Urbania

Una serie de crónicas que me gusta llamar Urbania. Como si, precisamente, Urbania fuera esa ciudad que habito a diario y que me gusta observar en sus diversos estados, con sus inspiradoras musas pululando ante mis ojos.


Texto I

Compungida, pesarosa, contrita. No sabría especificar cuál de todos estos adjetivos le cabía mejor a la mujer que entraba por las puertas de la San Miguel apenas unos días después de la asunción del nuevo Papa. Yo me encontraba también en el ingreso al santuario, pero no por pecador, tampoco por devoto. En realidad recurrí al lugar para acercar una ropa en desuso y me encontré sentado en las escaleras a un niño de unos 10 u 11 años que me interceptó para pedirme unas monedas; intercambiamos un par de palabras, muy pocas, y se quedó con unas remeras que le iban perfectas.
En ese mismo instante entraba ella. Sin siquiera mirar al niño, que ya le había requerido algo al vuelo, y con una gran consternación se detuvo unos instantes ante la gigantografía de Francisco apostada al ingreso. Cariacontecida y tapándose la boca con un pañuelito blanco, quién sabe qué sentimiento le apretaba tanto el pecho a ella…

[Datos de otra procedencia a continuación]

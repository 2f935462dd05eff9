-- ===== src/Chat/Tests.antt =====
-- Lines for pkg/chat.
use vapora.Base.{
  ℕ, zero, suc, ◌+◌, ◌*◌, ◌≡◌, refl, ap, false, List, [], ◌∷◌, ◌++◌, replicate, map, arith, ◌∙◌,
  All, length-replicate,
}
use vapora.Text.{Piece, rune, safe, safe_limit, safe_from, sanitise}
use vapora.Text.Sanitised.{is_control, safe_limit_keeps}
use vapora.Chat.{say, receive, on_line, unheard, size, width}
use vapora.Chat.Group.{receive_from, receive_from-Perm}
use vapora.Names.Given.{mem}
use mathlib.Core.List.{Permᴰ}
use vapora.Base.{bytes_eq, Bytes, Option, none}
use vapora.Chat.Lines.{receive-say, receive-say_cut}

abbrev hello : List Piece
hello = rune b'h' ∷ rune 27 ∷ rune b'i' ∷ []

receive-say_example : receive (say hello) ≡ on_line (map rune (safe hello))
receive-say_example =
    receive-say hello (unfold safe_limit safe_from sanitise size width in omega arith)

-- 700 of one Chinese character, of three bytes each.
abbrev world : ℕ
world = 0x4E16

clean : (n : ℕ) → All (λ c. is_control c ≡ false) (replicate n world)
clean zero = tt
clean (suc n) = (refl, clean n)

split : (n m : ℕ) → replicate (n + suc m) world ≡ replicate n world ++ world ∷ replicate m world
split zero m = let e : 0 + suc m ≡ suc m = omega arith in rw e refl
split (suc n) m =
    let e : suc n + suc m ≡ suc (n + suc m) = omega arith in rw e (ap (◌∷◌ world) (split n m))

sizes : (n : ℕ) → size (map rune (replicate n world)) ≡ 3 * n
unfolding size width
sizes zero = refl
sizes (suc n) = omega (arith, sizes n)

said : safe (map rune (replicate 700 world)) ≡ replicate 682 world ++ world ∷ replicate 17 world
said =
    safe_limit_keeps (replicate 700 world) 1024 (clean 700)
      (omega (arith, length-replicate 700 world))
    ∙ split 682 17

receive-say_cut_example : receive (say (map rune (replicate 700 world))) ≡ unheard
receive-say_cut_example =
    receive-say_cut (map rune (replicate 700 world)) (replicate 682 world) (replicate 17 world)
      world said (omega (arith, sizes 682)) (unfold width in omega (arith, sizes 682))

abbrev a_key : Bytes
a_key = replicate 32 1

abbrev b_key : Bytes
b_key = replicate 32 2

abbrev no_material : Bytes → Option Bytes
no_material key = none

-- What one says, as the other and it itself would hear it.
receive_from-Perm_example :
    receive_from no_material a_key (b_key ∷ []) b_key (say hello)
    ≡ receive_from no_material b_key (a_key ∷ []) b_key (say hello)
receive_from-Perm_example =
    receive_from-Perm no_material a_key b_key (b_key ∷ []) (a_key ∷ []) b_key (say hello)
      (Permᴰ.swap refl refl) (unfold mem bytes_eq in refl)
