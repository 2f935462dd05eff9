-- ===== src/Dht.antt =====
-- pkg/dht: enough of the BitTorrent mainline DHT to leave an address under a key and to find one.
pub mod Bencode
pub mod Node
pub mod Lookup
pub mod Client
pub mod Announce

El niño y yo nos miramos brevemente, y coincidimos en una mueca de desconcierto.



Texto II

Tengo el privilegio de vivir en un hermoso barrio de la ciudad donde las siestas son hermosas y tranquilas. Entre hoteles residenciales y boliches bailables, no todo es bullicio y libre albedrío siempre. No. A veces este paisaje depara algunas sorpresas dignas de la anécdota. Como esta.
Salía yo a la calle con mi pequeño hijo, y mientras esperaba que la familia se completara alrededor del auto, observé despreocupada un picadito de fobal de camisetas variopintas en la canchita pelada y polvorienta de enfrente. Uno de los jugadores emergió de entre esa polvareda por encima del antiquísimo muro de la Prefectura (derrumbado hace tiempo en pos de la continuación de la costanera paranaense) para buscar la pelota que, indiscreta, se había metido por el garage del amoroso hotel y salió haciendo una jugadita pícara, raudo a los minutos restantes y candentes de la partida. Tras cartón, una motoneta de esas nuevecitas con carrito me sorprendió a contramano por la apacible calle. Como es costumbre –de los automovilistas circular a despecho y mía, mascullarles tímidamente-, le grité “¡Señor!... ¡Es contramano!”. El hombre pegó el volantazo a la izquierda junto a su guaina que, acodada coquetamente en el carrito, no escatimaba belleza y galantura, e ingresó al residencial sin más preámbulo. Mientras mi pequeño hijo, aprendidas las mañas de su madre, seguía vociferando con toda su indignación “¡señor, es contramano… señor, es contramano!”, la hinchada alborotada de enfrente festejaba el golazo del moto-man. “¡Como no puede entrar con el caballo… la trae en la motito!”, reflexionó a boca de jarro un sudado jugador.